What appears from the first line of the records below through the line containing "run (deletion x" must be reproduced verbatim.

SUPPLIED DATA Block Start

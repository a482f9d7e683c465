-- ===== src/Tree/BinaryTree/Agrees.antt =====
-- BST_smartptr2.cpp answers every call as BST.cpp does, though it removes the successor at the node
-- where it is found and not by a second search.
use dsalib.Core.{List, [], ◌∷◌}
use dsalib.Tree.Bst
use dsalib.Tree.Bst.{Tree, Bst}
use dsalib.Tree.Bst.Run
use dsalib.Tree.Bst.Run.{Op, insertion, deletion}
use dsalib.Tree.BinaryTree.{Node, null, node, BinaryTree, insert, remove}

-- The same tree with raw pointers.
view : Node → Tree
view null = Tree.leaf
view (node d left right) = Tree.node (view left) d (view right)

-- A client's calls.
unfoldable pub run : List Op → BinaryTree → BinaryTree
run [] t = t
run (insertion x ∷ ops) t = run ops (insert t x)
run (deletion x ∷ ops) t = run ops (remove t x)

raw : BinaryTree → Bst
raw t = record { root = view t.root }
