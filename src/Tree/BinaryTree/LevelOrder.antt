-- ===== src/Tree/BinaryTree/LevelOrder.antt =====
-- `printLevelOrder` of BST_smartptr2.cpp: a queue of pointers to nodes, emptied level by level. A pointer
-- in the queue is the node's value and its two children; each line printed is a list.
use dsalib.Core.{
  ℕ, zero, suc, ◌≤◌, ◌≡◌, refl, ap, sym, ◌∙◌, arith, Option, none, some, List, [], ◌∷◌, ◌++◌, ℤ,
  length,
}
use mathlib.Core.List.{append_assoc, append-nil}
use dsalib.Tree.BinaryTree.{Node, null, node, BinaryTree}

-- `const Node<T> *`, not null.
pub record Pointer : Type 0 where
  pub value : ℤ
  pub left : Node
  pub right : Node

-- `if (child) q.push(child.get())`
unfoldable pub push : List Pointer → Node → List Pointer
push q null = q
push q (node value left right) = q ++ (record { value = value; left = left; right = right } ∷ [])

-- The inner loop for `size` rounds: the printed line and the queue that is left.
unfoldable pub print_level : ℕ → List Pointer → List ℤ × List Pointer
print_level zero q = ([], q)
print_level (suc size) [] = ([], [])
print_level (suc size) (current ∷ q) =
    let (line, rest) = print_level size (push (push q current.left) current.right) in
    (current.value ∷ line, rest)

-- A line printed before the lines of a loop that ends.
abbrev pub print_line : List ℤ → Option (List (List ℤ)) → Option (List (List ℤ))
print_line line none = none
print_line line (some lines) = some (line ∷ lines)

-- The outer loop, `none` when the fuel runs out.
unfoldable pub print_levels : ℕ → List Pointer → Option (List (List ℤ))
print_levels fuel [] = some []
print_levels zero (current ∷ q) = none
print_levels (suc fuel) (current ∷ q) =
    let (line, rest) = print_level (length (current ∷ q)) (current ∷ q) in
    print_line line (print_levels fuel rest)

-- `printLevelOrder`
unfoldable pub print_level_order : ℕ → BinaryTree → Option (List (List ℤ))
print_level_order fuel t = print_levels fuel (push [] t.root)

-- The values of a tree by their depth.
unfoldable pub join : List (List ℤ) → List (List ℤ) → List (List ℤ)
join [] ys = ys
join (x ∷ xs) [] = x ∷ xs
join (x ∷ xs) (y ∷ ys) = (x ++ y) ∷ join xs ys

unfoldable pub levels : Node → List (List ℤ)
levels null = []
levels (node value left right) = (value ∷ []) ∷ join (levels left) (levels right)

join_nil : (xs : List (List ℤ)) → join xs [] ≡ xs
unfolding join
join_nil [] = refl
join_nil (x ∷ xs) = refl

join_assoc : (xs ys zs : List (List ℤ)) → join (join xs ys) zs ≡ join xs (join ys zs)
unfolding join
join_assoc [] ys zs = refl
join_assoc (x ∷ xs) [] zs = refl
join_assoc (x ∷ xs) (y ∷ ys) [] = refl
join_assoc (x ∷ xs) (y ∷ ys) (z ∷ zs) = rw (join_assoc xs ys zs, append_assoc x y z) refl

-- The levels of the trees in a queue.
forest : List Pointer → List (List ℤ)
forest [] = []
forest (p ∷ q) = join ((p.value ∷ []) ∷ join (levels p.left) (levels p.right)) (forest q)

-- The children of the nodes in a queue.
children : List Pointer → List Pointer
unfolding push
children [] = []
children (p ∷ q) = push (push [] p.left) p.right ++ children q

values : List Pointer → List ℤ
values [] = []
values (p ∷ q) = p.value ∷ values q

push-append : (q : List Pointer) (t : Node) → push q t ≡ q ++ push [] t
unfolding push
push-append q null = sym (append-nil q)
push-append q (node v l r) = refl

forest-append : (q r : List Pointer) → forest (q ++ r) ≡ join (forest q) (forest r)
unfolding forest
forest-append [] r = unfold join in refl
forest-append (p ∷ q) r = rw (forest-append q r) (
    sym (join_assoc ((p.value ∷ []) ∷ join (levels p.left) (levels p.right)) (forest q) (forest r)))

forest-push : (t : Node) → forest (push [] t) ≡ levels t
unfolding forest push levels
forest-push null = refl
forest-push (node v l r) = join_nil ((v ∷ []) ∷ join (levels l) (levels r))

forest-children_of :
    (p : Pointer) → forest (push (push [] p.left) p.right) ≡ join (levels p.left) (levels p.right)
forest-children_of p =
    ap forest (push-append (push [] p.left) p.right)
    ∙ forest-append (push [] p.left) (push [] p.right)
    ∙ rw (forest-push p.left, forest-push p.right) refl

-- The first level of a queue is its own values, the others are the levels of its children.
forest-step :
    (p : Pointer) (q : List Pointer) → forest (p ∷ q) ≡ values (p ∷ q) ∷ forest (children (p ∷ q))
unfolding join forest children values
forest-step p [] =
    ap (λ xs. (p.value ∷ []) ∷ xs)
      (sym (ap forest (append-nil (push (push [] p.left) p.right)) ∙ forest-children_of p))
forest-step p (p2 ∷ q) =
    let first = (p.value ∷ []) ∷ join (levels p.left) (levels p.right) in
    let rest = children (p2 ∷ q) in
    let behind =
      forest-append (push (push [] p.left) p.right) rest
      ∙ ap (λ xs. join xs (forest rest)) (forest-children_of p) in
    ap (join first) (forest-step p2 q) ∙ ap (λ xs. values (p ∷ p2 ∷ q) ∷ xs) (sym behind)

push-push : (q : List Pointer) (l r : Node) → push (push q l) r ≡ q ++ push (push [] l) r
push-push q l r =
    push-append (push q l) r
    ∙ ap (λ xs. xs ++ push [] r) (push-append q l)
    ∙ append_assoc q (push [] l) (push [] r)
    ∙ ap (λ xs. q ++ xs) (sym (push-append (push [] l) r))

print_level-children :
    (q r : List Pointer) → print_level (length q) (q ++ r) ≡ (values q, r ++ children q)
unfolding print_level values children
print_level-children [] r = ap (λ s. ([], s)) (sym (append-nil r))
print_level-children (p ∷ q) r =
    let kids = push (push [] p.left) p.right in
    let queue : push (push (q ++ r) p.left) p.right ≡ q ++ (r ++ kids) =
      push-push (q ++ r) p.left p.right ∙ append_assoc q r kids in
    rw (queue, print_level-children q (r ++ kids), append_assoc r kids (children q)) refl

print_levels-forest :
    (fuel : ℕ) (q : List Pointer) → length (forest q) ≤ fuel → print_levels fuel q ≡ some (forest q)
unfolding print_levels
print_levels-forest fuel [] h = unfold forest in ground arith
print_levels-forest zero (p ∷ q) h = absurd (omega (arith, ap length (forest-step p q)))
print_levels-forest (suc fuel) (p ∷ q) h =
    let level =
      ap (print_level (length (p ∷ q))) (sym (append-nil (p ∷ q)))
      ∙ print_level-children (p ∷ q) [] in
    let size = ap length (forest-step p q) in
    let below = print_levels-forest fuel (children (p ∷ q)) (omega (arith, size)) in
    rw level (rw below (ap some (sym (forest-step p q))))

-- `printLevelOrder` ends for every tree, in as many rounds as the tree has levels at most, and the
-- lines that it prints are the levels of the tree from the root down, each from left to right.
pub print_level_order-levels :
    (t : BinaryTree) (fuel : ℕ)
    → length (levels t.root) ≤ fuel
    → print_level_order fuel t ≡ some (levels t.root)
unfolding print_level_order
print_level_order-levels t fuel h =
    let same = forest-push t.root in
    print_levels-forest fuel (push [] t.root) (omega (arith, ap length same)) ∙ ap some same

SUPPLIED DATA Block End

§ EXPECTED ANSWER
repository a482f9d7e683c465
-- ===== src/Tree/BinaryTree/Agrees.antt =====
-- BST_smartptr2.cpp answers every call as BST.cpp does, though it removes the successor at the node
-- where it is found and not by a second search.
use dsalib.Core.{List, [], ◌∷◌}
use dsalib.Tree.Bst
use dsalib.Tree.Bst.{Tree, Bst}
use dsalib.Tree.Bst.Run
use dsalib.Tree.Bst.Run.{Op, insertion, deletion}
use dsalib.Tree.BinaryTree.{Node, null, node, BinaryTree, insert, remove}

-- The same tree with raw pointers.
view : Node → Tree
view null = Tree.leaf
view (node d left right) = Tree.node (view left) d (view right)

-- A client's calls.
unfoldable pub run : List Op → BinaryTree → BinaryTree
run [] t = t
run (insertion x ∷ ops) t = run ops (insert t x)
run (deletion x ∷ ops) t = run ops (remove t x)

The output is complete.